Seismic shifts in how we work, collaborate, and communicate in the past year have amplified the need to adopt new tools and technologies, especially for small and mid-size enterprises (SMEs). Since the lockdowns began, over 64% of SMEs have successfully adapted by onboarding new technologies to change how they do business and support a decentralised workforce. And as we enter the post-pandemic era, it is predicted that the pace of adoption will only accelerate as more SMEs reconfigure operations for the shift to hybrid work

Meanwhile, IT pros face the daunting prospect of maintaining a growing stack of applications, systems, and solutions needed for the hybrid shift. How can they do this while exercising control over increasing cost, complexity, and workloads? Here are three areas IT teams in SMEs should focus on if they intend to get ahead of the curve. 

1. Conduct constant re-evaluations of your tech stack 

The topography of your business network probably looks different than it did a year or even a week ago. As the hybrid workforce begins to return to the office periodically, IT teams will find themselves managing both virtual and physicalenvironments, which means an expanded list of solutions to track, protect, and maintain. 

It’s critical for IT pros to continually evaluate their tech portfolio and find opportunities to improve how they’re leveraging their tools. When reviewing your technologies, ask: 

  • Is a tool or technology addressing the need it was intended for? If no, why not? 
  • Has the solution been widely adopted by the business? If not, how can this be improved to drive value?
  • Should this tool or technology go offline, what would the impact be? 
  • Are there opportunities to consolidate any of our existing tools? Or could there be a more affordable alternative to help us achieve our goals? 

These questions should indicate whether components of your network are worth keeping or should be replaced and retired. Asking these same questions during an evaluation before purchasing or implementing new tools and technologies will also help keep network sprawl under control.

2. Establish round-the-clock network monitoring

As the hybrid workforce becomes more geographically dispersed, it’s more critical than ever before to keep tabs on network health—ensuring no bottlenecks or failures are impacting network performance, lowering workforce productivity, and frustrating end-users. 

It’s not enough to just implement solutions—as users’ dependence on digital resources grows, it’s crucial to maintain high availability. If key resources aren’t working, it’s important to have tools to help you uncover the root cause.
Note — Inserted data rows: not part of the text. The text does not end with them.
-- ===== src/Engine/Runtime.antt =====
-- What a run asks of its surroundings, over the states W of the world: the context, the clock, the
-- model, the Task runtime (the interface task.Runtime), the circuits of the ReliabilityManager, and
-- the callbacks of the caller. Any of these may change the world, other runs' circuits included.
use tracklogic_agent.Common.{ℕ, Bool, Text, List, Option, ℤ}
use tracklogic_agent.Types.{Message, GoError, Result}
use tracklogic_agent.Memory.{Memory}
use tracklogic_agent.Model.{InvokeRequest, InvokeResponse}
use tracklogic_agent.Interaction.{Request, Response}
use tracklogic_agent.Task.Config.{RetryConfig, CircuitConfig, SummaryConfig}
use tracklogic_agent.Task.Protocol.{Event, Checkpoint}
use tracklogic_agent.Engine.Stream.{Stream}
use tracklogic_agent.Engine.Circuit.{ReliabilityManager}

pub record Runtime (W : Type 0) : Type 0 where
  pub ctx_err : W → Option GoError  -- ctx.Err()
  pub now : W → ℕ
  pub random : W → ℕ → ℕ  -- rand.Int64N on a positive argument
  pub parse_time : Text → Option ℕ  -- http.ParseTime
  pub sleep : ℤ → W → Option GoError × W  -- the timer, or ctx.Done first
  pub managed : Bool  -- the Agent has a ReliabilityManager
  pub model_key : Text  -- modelInstanceKey
  pub circuits : W → ReliabilityManager
  pub set_circuits : ReliabilityManager → W → W
  pub invoke : InvokeRequest → W → Result (Option InvokeResponse) × W
  pub invoke_stream : InvokeRequest → W → Result (Option Stream) × W
  pub retry_policy : RetryConfig
  pub circuit_policy : CircuitConfig
  pub summary_policy : SummaryConfig
  pub emit : Event → W → Option GoError × W
  pub checkpoint : Checkpoint → W → Option GoError × W
  pub report_progress : Text → W → Option GoError × W
  pub request_input : Request → Checkpoint → W → Result Response × W
  pub summarizer : Option (Text → List Message → W → Result Text × W)
  pub acquire : W → Result Memory × W  -- the conversation's lease, or the Agent's gate and memory
  pub release : Memory → W → W
  pub new_id : W → Text  -- task.NewID("interaction")

-- The library's functions on texts: the encodings of encoding/json, and fmt's %q and %v.
pub record Codec : Type 0 where
  pub decode_progress : Text → Result Text
  pub decode_request : Text → Result Request
  pub encode_response : Response → Result Text
  pub encode_text : Text → Result Text
  pub encode_history : Text → List Message → Result Text
  pub quote : Text → Text
  pub error_text : GoError → Text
Implement a suite of robust network monitoring solutions designed to scale as your organization changes and grows. Look for something with automated performance monitoring, network analysis, and logging capabilities, which allow you to proactively spot issues or anomalies before they affect your business network. 

3. Look to adopt and provide self-service ITSM capabilities 

Consistent evaluations of your tech stack, along with monitoring of your business networks, provide insight into the common technical issues faced by the hybrid workforce. Using this information, IT pros can build a broad knowledge base and publish documentation on a self-service portal to help users troubleshoot common issues on their own. 
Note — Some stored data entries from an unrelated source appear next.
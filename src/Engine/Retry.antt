-- ===== src/Engine/Retry.antt =====
-- engine/reliability.go and model/http.go: which model errors are retried, and the delay before the
-- next attempt. Durations are int64 nanoseconds; the library's HTTP-date parser and clock enter as
-- the arguments `parse_time` and `now`, and the results of rand.Int64N as the argument `random`.
pub mod Delay
use tracklogic_agent.Common.{
  ℕ, zero, suc, ◌+◌, ◌-◌, ◌*◌, ◌/◌, ◌%◌, ◌^◌, Bool, true, false, ◌&&◌, ◌||◌, Text, trim_space,
  is_empty, List, [], ◌∷◌, Option, none, some, if◌then◌else◌, ltb, leb, ◌==◌, ℤ, pos, negsuc, ltb_ℤ,
  not,
}
use tracklogic_agent.Types.{
  HttpError, GoError, http, network, wrap_error, wrapped, is_canceled, is_eof, is_network,
}
use tracklogic_agent.Task.Config.{RetryConfig}

-- HTTPError.Retryable
unfoldable pub retryable_status : ℕ → Bool
retryable_status code =
    code == 408
    || code == 425
    || code == 429
    || code == 500
    || code == 502
    || code == 503
    || code == 504

-- errors.As(err, **HTTPError)
unfoldable pub find_http : GoError → Option HttpError
find_http (http e) = some e
find_http (network e) = find_http e
find_http (wrap_error c m e) = find_http e
find_http (wrapped m e) = find_http e
find_http _ = none

unfoldable pub is_retryable_model_error : GoError → Bool
unfolding retryable_status find_http is_canceled is_eof is_network
is_retryable_model_error e = if is_canceled e then false else elim (find_http e) [
  | some upstream ↦ retryable_status upstream.status_code
  | none ↦ if is_eof e then true else is_network e
]

-- An int64: the value n, wrapped around.
abbrev pub wrap_int64 : ℕ → ℤ
wrap_int64 n = let r = n % 2 ^ 64 in if ltb r (2 ^ 63) then pos r else negsuc (2 ^ 64 - r - 1)

abbrev is_digit : ℕ → Bool
is_digit c = leb b'0' c && leb c b'9'

-- The decimal digits of a text, read after `acc`.
unfoldable pub digits_value : ℕ → Text → Option ℕ
digits_value acc [] = some acc
digits_value acc (c ∷ s) =
    let rest = digits_value (acc * 10 + (c - b'0')) s in if is_digit c then rest else none

-- strconv.Atoi on what follows a sign: at least one digit, and no more than `bound`.
unfoldable pub bounded_digits : ℕ → Text → Option ℕ
unfolding digits_value
bounded_digits bound [] = none
bounded_digits bound (c ∷ s) = elim (digits_value 0 (c ∷ s)) [
  | none ↦ none
  | some n ↦ if leb n bound then some n else none
]

abbrev negated : Option ℕ → Option ℤ
negated none = none
negated (some zero) = some (pos 0)
negated (some (suc n)) = some (negsuc n)

abbrev positive : Option ℕ → Option ℤ
positive none = none
positive (some n) = some (pos n)

-- strconv.Atoi
unfoldable pub atoi : Text → Option ℤ
unfolding bounded_digits
atoi [] = none
atoi (c ∷ s) =
    if c == b'-'
    then negated (bounded_digits (2 ^ 63) s)
    else if c == b'+'
    then positive (bounded_digits (2 ^ 63 - 1) s)
    else positive (bounded_digits (2 ^ 63 - 1) (c ∷ s))

abbrev pub nanoseconds : ℕ
nanoseconds = 1000000000

-- The HTTP-date form of the header: time.Until, cut off at zero.
abbrev until : ℕ → Option ℕ → Option ℤ
until now none = none
until now (some when) = some (pos (when - now))

abbrev header_delay : (Text → Option ℕ) → ℕ → Text → Option ℤ → Option ℤ
header_delay parse_time now value (some (pos seconds)) = some (wrap_int64 (seconds * nanoseconds))
header_delay parse_time now value (some (negsuc _)) = until now (parse_time value)
header_delay parse_time now value none = until now (parse_time value)

unfoldable pub retry_after_delay : (Text → Option ℕ) → ℕ → GoError → Option ℤ
unfolding find_http atoi trim_space
retry_after_delay parse_time now e = elim (find_http e) [
  | none ↦ none
  | some upstream ↦
      let value = trim_space upstream.retry_after in
      if is_empty value then none else header_delay parse_time now value (atoi value)
]

-- The loop that doubles `maximum`, for the rounds that are left.
unfoldable pub double_delay : ℕ → ℕ → ℕ → ℕ
double_delay zero limit maximum = maximum
double_delay (suc rounds) limit maximum =
    let next = double_delay rounds limit (maximum * 2) in
    if ltb maximum limit then (if ltb (limit / 2) maximum then limit else next) else maximum

-- The upper end of the jitter after `failed_attempt` failures.
unfoldable pub backoff_maximum : RetryConfig → ℕ → ℕ
unfolding double_delay
backoff_maximum config failed_attempt =
    let maximum = double_delay (failed_attempt - 1) config.max_delay config.base_delay in
    if ltb config.max_delay maximum then config.max_delay else maximum

abbrev clip : ℕ → ℤ → ℤ
clip limit delay = if ltb_ℤ (pos limit) delay then pos limit else delay

-- rand.Int64N, which panics where its argument is not positive: `none`.
abbrev pub int64_n : (ℕ → ℕ) → ℤ → Option ℤ
int64_n random (pos zero) = none
int64_n random (pos (suc n)) = some (pos (random (suc n)))
int64_n random (negsuc n) = none

-- `none` is a panic.
unfoldable pub retry_delay : (Text → Option ℕ) → ℕ → (ℕ → ℕ) → RetryConfig → ℕ → GoError → Option ℤ
unfolding retry_after_delay backoff_maximum
retry_delay parse_time now random config failed_attempt e =
    elim (retry_after_delay parse_time now e) [
      | some after ↦ some (clip config.max_retry_after after)
      | none ↦
          let maximum = backoff_maximum config failed_attempt in
          if leb maximum 0 then some (pos 0) else int64_n random (wrap_int64 (maximum + 1))
    ]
This approach can offer several benefits. A centralized knowledge on the service portal can lead to case deflection enabling IT to focus on bigger projects. Embracing a self-service mentality can also help IT helpdesks pivot to service desks that measure success based on service quality, performance, and user satisfaction rather than the number of tickets closed. With employees working remotely, teams’ success criteria have shifted in an effort to support creating meaningful engagements and delivering user-focused services. 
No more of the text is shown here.